▸ Collected data entries:
***
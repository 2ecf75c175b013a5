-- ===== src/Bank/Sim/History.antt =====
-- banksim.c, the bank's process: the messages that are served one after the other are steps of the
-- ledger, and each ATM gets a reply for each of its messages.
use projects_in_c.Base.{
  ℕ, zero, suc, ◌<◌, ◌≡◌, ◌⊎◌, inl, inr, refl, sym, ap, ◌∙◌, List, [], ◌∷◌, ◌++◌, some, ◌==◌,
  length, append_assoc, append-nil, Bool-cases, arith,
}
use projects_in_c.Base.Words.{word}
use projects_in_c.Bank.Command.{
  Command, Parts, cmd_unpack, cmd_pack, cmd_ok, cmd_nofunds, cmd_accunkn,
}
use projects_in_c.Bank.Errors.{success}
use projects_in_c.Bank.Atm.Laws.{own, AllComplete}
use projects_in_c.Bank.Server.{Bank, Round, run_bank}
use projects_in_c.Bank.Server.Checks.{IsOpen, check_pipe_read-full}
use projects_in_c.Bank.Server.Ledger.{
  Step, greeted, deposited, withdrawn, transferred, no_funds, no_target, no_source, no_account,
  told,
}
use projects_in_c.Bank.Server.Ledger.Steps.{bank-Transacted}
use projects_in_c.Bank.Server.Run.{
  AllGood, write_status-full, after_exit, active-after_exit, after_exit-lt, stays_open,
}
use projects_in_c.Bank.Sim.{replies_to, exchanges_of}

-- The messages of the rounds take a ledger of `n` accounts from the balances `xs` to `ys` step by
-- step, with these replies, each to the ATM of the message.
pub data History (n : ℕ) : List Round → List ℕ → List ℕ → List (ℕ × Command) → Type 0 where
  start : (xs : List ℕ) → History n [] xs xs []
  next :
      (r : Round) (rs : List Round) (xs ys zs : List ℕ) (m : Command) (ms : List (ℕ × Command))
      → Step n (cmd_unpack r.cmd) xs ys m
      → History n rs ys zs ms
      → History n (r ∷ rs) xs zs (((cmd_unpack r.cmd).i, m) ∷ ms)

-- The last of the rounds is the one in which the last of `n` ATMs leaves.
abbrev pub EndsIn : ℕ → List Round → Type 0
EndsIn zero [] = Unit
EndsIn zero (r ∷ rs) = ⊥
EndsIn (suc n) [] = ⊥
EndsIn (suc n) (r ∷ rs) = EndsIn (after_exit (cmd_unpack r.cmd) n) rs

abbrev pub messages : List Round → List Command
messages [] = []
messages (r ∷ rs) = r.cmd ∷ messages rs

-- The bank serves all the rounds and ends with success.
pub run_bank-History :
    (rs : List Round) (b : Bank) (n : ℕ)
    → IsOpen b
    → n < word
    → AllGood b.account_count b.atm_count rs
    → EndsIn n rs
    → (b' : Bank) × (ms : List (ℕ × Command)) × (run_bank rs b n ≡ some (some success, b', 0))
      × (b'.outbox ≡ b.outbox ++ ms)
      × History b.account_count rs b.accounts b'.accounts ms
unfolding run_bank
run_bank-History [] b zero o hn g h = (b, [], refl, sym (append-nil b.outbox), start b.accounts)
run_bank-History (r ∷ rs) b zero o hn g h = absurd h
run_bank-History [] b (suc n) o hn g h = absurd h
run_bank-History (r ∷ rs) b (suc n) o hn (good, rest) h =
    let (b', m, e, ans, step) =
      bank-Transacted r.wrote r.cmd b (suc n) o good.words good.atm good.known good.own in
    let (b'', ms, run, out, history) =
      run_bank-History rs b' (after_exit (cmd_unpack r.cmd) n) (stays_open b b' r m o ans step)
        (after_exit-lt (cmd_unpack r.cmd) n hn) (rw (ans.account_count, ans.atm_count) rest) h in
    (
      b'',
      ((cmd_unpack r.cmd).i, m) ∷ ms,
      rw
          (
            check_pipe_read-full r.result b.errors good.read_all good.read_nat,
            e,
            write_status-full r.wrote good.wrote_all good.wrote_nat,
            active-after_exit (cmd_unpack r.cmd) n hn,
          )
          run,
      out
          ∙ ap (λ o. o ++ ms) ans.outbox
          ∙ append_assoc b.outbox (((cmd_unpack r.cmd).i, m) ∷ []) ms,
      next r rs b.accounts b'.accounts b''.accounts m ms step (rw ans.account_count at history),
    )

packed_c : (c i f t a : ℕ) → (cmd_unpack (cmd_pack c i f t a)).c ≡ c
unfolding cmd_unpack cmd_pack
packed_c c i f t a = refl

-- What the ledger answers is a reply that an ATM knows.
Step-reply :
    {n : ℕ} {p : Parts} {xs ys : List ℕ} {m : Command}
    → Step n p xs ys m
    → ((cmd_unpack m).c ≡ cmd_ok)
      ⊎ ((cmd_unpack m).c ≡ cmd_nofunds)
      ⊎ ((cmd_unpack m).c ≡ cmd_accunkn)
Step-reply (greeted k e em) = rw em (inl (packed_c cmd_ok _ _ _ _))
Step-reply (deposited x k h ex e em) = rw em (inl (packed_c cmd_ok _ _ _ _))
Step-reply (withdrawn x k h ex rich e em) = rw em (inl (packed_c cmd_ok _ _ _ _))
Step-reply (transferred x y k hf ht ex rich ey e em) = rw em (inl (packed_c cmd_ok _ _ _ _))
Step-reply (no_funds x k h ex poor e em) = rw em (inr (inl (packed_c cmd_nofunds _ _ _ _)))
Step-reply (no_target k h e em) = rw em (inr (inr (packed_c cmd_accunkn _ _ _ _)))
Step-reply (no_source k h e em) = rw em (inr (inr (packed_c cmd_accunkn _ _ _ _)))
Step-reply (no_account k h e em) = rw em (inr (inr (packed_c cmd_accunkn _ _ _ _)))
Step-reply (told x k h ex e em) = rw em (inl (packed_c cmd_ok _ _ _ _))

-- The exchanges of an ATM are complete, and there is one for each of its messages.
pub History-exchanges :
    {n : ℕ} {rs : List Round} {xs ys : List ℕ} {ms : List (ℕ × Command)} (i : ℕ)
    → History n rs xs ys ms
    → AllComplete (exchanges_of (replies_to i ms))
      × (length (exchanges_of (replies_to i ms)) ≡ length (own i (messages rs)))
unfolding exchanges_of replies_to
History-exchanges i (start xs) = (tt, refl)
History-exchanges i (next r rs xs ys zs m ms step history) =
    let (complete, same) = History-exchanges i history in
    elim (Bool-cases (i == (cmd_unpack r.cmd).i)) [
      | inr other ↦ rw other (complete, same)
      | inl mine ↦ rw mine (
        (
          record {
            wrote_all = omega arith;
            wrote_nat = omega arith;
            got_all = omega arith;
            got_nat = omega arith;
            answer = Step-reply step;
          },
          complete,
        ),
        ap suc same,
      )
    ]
***
▸ Task description: Exact duplication is required for the lines above, from the line that contains "AllComplete (exchanges_of (replies_to i ms))" to the line that contains "inl mine ↦ rw", inclusive; omit all others.

▸ The completed task:
    → AllComplete (exchanges_of (replies_to i ms))
      × (length (exchanges_of (replies_to i ms)) ≡ length (own i (messages rs)))
unfolding exchanges_of replies_to
History-exchanges i (start xs) = (tt, refl)
History-exchanges i (next r rs xs ys zs m ms step history) =
    let (complete, same) = History-exchanges i history in
    elim (Bool-cases (i == (cmd_unpack r.cmd).i)) [
      | inr other ↦ rw other (complete, same)
      | inl mine ↦ rw mine (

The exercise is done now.